(Collected data entries)
Content starts

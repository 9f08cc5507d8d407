-- ===== src/Tests/Messages.antt =====
-- Messages as bytes, written and read by the library of Tests.Json.
use raft_algorep.Base.{
  pos, minus_one, List, [], ◌∷◌, ◌++◌, none, some, ok, fault, unhandled, All, inl, inr, ◌≡◌, refl,
  Text, arith,
}
use raft_algorep.Rpc.{Rpc, append_entries}
use raft_algorep.Clock.{codes}
use raft_algorep.Tests.Json.{Value, int_value, library, library-IsLawful}
use raft_algorep.Mpi.{Poll, c_string, sent_text, recv_rpc, recv_rpc_timeout}
use raft_algorep.Mpi.RoundTrip.{recv_rpc-sent_text}
use raft_algorep.Mpi.Unhandled.{recv_rpc-unhandled}
use raft_algorep.Mpi.Timeout.{IsQuiet, IsLast, recv_rpc_timeout_ends}

abbrev update_message : Rpc
update_message = append_entries (record {
  term = pos 2;
  leader_id = 1;
  prev_log_index = minus_one;
  prev_log_term = minus_one;
  leader_commit = minus_one;
  entries = record { index = pos 0; term = pos 2; cmd = codes "set x"; client_id = 4 } ∷ [];
})

recv_rpc-sent_text_example :
    (bytes : Text) × (sent_text library update_message ≡ ok bytes)
    × (recv_rpc library (some (record { source = 1; bytes = bytes }))
        ≡ ok (some (record { rpc = update_message; sender_id = 1 })))
recv_rpc-sent_text_example = recv_rpc-sent_text library library-IsLawful update_message 1 (
  ground arith,
  ground arith,
  ground arith,
  ground arith,
  ground arith,
  ((ground arith, ground arith, refl, ground arith), tt),
)

abbrev odd_object : Value
odd_object = library.object ((codes "type", int_value (pos 9)) ∷ [])

abbrev odd_bytes : Text
odd_bytes = 8 ∷ 5 ∷ codes "uzqf" ++ 3 ∷ 2 ∷ 10 ∷ []

recv_rpc-unhandled_example :
    recv_rpc library (some (record { source = 3; bytes = odd_bytes }))
    ≡ fault (unhandled (codes "Unhandled message type: Unkown Name"))
unfolding c_string
recv_rpc-unhandled_example =
    recv_rpc-unhandled library 3 odd_bytes odd_object (int_value (pos 9)) (pos 9) (λ e. cc) refl
      refl refl (inr (omega arith))

abbrev polls : List Poll
polls =
    record { count_time = 0; incoming = none }
    ∷ record { count_time = 300; incoming = none }
    ∷ record { count_time = 301; incoming = none }
    ∷ []

recv_rpc_timeout_ends_example :
    (quiet : List Poll) × (p : Poll) × (rest : List Poll) × (polls ≡ quiet ++ p ∷ rest)
    × All (IsQuiet library (pos 300)) quiet
    × IsLast library (pos 300) p (recv_rpc_timeout library (pos 300) polls)
recv_rpc_timeout_ends_example =
    recv_rpc_timeout_ends library (pos 300) polls (inr (inr (inl (omega arith))))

Content ends

**Activity**
Your task is to reproduce each entry exactly.

**Task result**
repository 9f08cc5507d8d407
-- ===== src/Tests/Messages.antt =====
-- Messages as bytes, written and read by the library of Tests.Json.
use raft_algorep.Base.{
  pos, minus_one, List, [], ◌∷◌, ◌++◌, none, some, ok, fault, unhandled, All, inl, inr, ◌≡◌, refl,
  Text, arith,
}
use raft_algorep.Rpc.{Rpc, append_entries}
use raft_algorep.Clock.{codes}
use raft_algorep.Tests.Json.{Value, int_value, library, library-IsLawful}
use raft_algorep.Mpi.{Poll, c_string, sent_text, recv_rpc, recv_rpc_timeout}
use raft_algorep.Mpi.RoundTrip.{recv_rpc-sent_text}
use raft_algorep.Mpi.Unhandled.{recv_rpc-unhandled}
use raft_algorep.Mpi.Timeout.{IsQuiet, IsLast, recv_rpc_timeout_ends}

abbrev update_message : Rpc
update_message = append_entries (record {
  term = pos 2;
  leader_id = 1;
  prev_log_index = minus_one;
  prev_log_term = minus_one;
  leader_commit = minus_one;
  entries = record { index = pos 0; term = pos 2; cmd = codes "set x"; client_id = 4 } ∷ [];
})

recv_rpc-sent_text_example :
    (bytes : Text) × (sent_text library update_message ≡ ok bytes)
    × (recv_rpc library (some (record { source = 1; bytes = bytes }))
        ≡ ok (some (record { rpc = update_message; sender_id = 1 })))
recv_rpc-sent_text_example = recv_rpc-sent_text library library-IsLawful update_message 1 (
  ground arith,
  ground arith,
  ground arith,
  ground arith,
  ground arith,
  ((ground arith, ground arith, refl, ground arith), tt),
)

abbrev odd_object : Value
odd_object = library.object ((codes "type", int_value (pos 9)) ∷ [])

abbrev odd_bytes : Text
odd_bytes = 8 ∷ 5 ∷ codes "uzqf" ++ 3 ∷ 2 ∷ 10 ∷ []

recv_rpc-unhandled_example :
    recv_rpc library (some (record { source = 3; bytes = odd_bytes }))
    ≡ fault (unhandled (codes "Unhandled message type: Unkown Name"))
unfolding c_string
recv_rpc-unhandled_example =
    recv_rpc-unhandled library 3 odd_bytes odd_object (int_value (pos 9)) (pos 9) (λ e. cc) refl
      refl refl (inr (omega arith))

abbrev polls : List Poll
polls =
    record { count_time = 0; incoming = none }
    ∷ record { count_time = 300; incoming = none }
    ∷ record { count_time = 301; incoming = none }
    ∷ []

recv_rpc_timeout_ends_example :
    (quiet : List Poll) × (p : Poll) × (rest : List Poll) × (polls ≡ quiet ++ p ∷ rest)
    × All (IsQuiet library (pos 300)) quiet
    × IsLast library (pos 300) p (recv_rpc_timeout library (pos 300) polls)
recv_rpc_timeout_ends_example =
    recv_rpc_timeout_ends library (pos 300) polls (inr (inr (inl (omega arith))))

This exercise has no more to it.